Growth continued into 2011: by 4.6% year-on-year in Q1 [0.52% on the previous quarter]. The growth in industrial production slowed to 4.2% in March after its higher rates in the first two months of the year. Overall exports rose by 24% in the first two months while, according to the Automobile Industry Association, the export of vehicles rose 17.8% in March to a record 192,783 units. Rising employment boosted consumer demand in Q1 and inflation has decreased so far this year, with year-on-year inflation standing at 3.4% in April. According to the Mexican Ministry of Economy, foreign direct investment [FDI] increased by 10.5% year-on-year in Q1, to US$ 4.8 billion, with the US accounting for 85% of this figure. In comparison, for the whole of 2009, FDI fell to US$ 15.3 billion, and then grew to US$ 18.7 billion in 2010.
Mexicos banks are, in general, well capitalised and liquid, with limited exposure to foreign currency risks. However, banks are performing below potential [bank assets as a percentage of GDP: only 46%], constraining the credit growth needed to stimulate private consumption. A cautious lending policy is also restricting financing options for small and medium-sized enterprises.
Solid economic policies
Overall, Mexicos budgetary and monetary policies are robust, with an acceptable public sector financial position. The budget deficit will improve from 3.2% of GDP in 2009 and 3.4% last year to around 2% of GDP in 2011, while public debt constitutes 36% of GDP. However, additional fiscal consolidation is urgently required to compensate for low tax revenues [Mexico has a narrow tax base of only 10%] and the structural decrease in oil revenues, which represent almost a third of public sector income.
To ensure financial stability during the recession, Mexicos central bank had injected substantial liquidity into the system. Despite inflation above the upper band of the central banks target range, the key interest rate was gradually lowered in the first half of 2009, to 4.50%, and has remained unchanged since then in contrast to all other major Latin American economies, like Brazil, which have repeatedly raised interest rates to combat inflation. Inflation decreased from 5.3% in 2009 to 4.1% last year, and has further decreased into 2011 to a much lower level than in other major emerging markets such as Brazil, China and India.

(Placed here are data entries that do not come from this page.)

-- ===== src/Bootstrap.antt =====
-- internal/services/bootstrap.go: registration, connection, self-tests and the background work.
pub mod Outcome
pub mod Kept
use scuffinger.Prelude.{
  ℕ, String, string_eq, Bool, true, false, not, ◌&&◌, Option, none, some, List, [], ◌∷◌, ◌++◌, ◌==◌,
  if◌then◌else◌,
}
use scuffinger.Prelude.Int.{ℤ, pos, ltb_ℤ}
use scuffinger.Prelude.Map.{Map}
use scuffinger.Prelude.Result.{Result, ok, err}
use scuffinger.I18n
use scuffinger.I18n.{Error, Messages}
use scuffinger.Config.{GithubConfig, enabled}
use scuffinger.Vault.{VaultError, Store}
use scuffinger.Auth.Credentials.{load_token}
use scuffinger.Manager.{
  Call, Service, ServiceStatus, Manager, new_manager, add_service, connect_all, run_self_tests,
  start_health_checks, close_all,
}

pub record BootstrapOpts : Type 0 where
  pub health_check_interval : ℤ
  pub skip_collector : Bool

-- The constructors of the services, which the configuration of GitHub reaches, the statement that
-- creates the tables of the GitHub cache, and the start of the collector.
pub record Parts (W : Type 0) : Type 0 where
  pub cache : Service W
  pub database : Service W
  pub github : GithubConfig → Service W
  pub collector : GithubConfig → Service W
  pub create_tables : Call W
  pub start_collector : W → W

token_found : GithubConfig → Result VaultError String → GithubConfig
token_found cfg (err e) = cfg
token_found cfg (ok tok) =
    if tok == "" then cfg else record cfg { tokens = cfg.tokens ++ (tok ∷ []) }

-- the token of the vault, when the configuration has none
unfoldable pub with_vault_token : {S : Type 0} → Store S → S → GithubConfig → GithubConfig
unfolding token_found
with_vault_token store s cfg = elim cfg.tokens [
  | [] ↦ token_found cfg (load_token store s)
  | t ∷ ts ↦ cfg
]

abbrev pub non_empty {ℓ} : {A : Type ℓ} → List A → Bool
non_empty [] = false
non_empty (x ∷ xs) = true

module _ {W : Type 0} (parts : Parts W) where
  unfoldable pub base_services : GithubConfig → List (Service W)
  base_services cfg =
      parts.cache ∷ (parts.database ∷ (if enabled cfg then parts.github cfg ∷ [] else []))

  abbrev pub wants_collector : BootstrapOpts → GithubConfig → Bool
  wants_collector opts cfg = not opts.skip_collector && enabled cfg && non_empty cfg.repositories

module _ {W : Type 0} (active : Messages) (clock : W → ℕ) (parts : Parts W) (opts : BootstrapOpts)
    (cfg : GithubConfig) where
  -- after the self-tests that pass
  unfoldable pub running : Manager W → W → Result Error (Manager W) × W
  running m w = (
    ok (if ltb_ℤ (pos 0) opts.health_check_interval then start_health_checks m else m),
    if wants_collector parts opts cfg then parts.start_collector w else w,
  )

  unfoldable pub self_tested :
      Manager W → Option Error × Map String ServiceStatus × W → Result Error (Manager W) × W
  self_tested m (none, statuses, w) = running (record m { statuses = statuses }) w
  self_tested m (some e, statuses, w) = (
    err (I18n.err_with active I18n.err_bootstrap_self_tests e),
    (close_all active (record m { statuses = statuses }) w).2,
  )

  unfoldable pub test_all : Manager W → W → Result Error (Manager W) × W
  test_all m w = self_tested m (run_self_tests active clock m.services m.statuses w)

  unfoldable pub collector_connected : Manager W → Option Error × W → Result Error (Manager W) × W
  collector_connected m (some e, w) = (err (I18n.err_with active I18n.err_bootstrap_connect e), w)
  collector_connected m (none, w) = test_all m w

  -- the error of the statement that creates the tables is only logged
  unfoldable pub services_connected : Manager W → Option Error × W → Result Error (Manager W) × W
  services_connected m (some e, w) = (err (I18n.err_with active I18n.err_bootstrap_connect e), w)
  services_connected m (none, w) =
      let w' = (parts.create_tables w).1 in
      if wants_collector parts opts cfg
      then collector_connected (add_service m (parts.collector cfg))
          ((parts.collector cfg).connect w')
      else test_all m w'

  -- `Bootstrap` from the configuration that `with_vault_token` answers
  unfoldable pub bootstrap_with : W → Result Error (Manager W) × W
  bootstrap_with w =
      let m = new_manager (base_services parts cfg) in
      services_connected m (connect_all active m.services w)

unfoldable pub bootstrap :
    {S W : Type 0}
    → Messages
    → (W → ℕ)
    → Parts W
    → Store S
    → S
    → BootstrapOpts
    → GithubConfig
    → W
    → Result Error (Manager W) × W
bootstrap active clock parts store s opts cfg w =
    bootstrap_with active clock parts opts (with_vault_token store s cfg) w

Lack of structural reforms impedes stronger growth
Despite a solid short-term economic policy, the economy suffers from structural weaknesses. Poor reform results are still impeding economic efficiency and longer-term GDP growth. The minority government need the oppositions support to pass reforms in parliament but, while the main opposition parties are cooperating with minor changes, they are unwilling to support vital structural reforms such as more flexible labour laws, an improvement in tax laws and a reduction of government regulation.
The energy sector in particular needs to be overhauled. While the state-owned petroleum company was granted more financial and managerial autonomy by the Mexican Senate in October 2008, a comprehensive reform of the oil industry is still the most pressing issue, due to dwindling production [see below] and the fact that oil accounts for more than 30% of fiscal income.
Mexico is the sixth largest crude oil producer in the world, but proven reserves have shrunk from 34 to 14 billion barrels since 1998, and will last for only 10 more years. Current production has dropped from 3.4 million barrels per day [b/d] in 2004 to 2.5 million b/d, and is expected to decrease further to 2.1 millions b/d in 2015.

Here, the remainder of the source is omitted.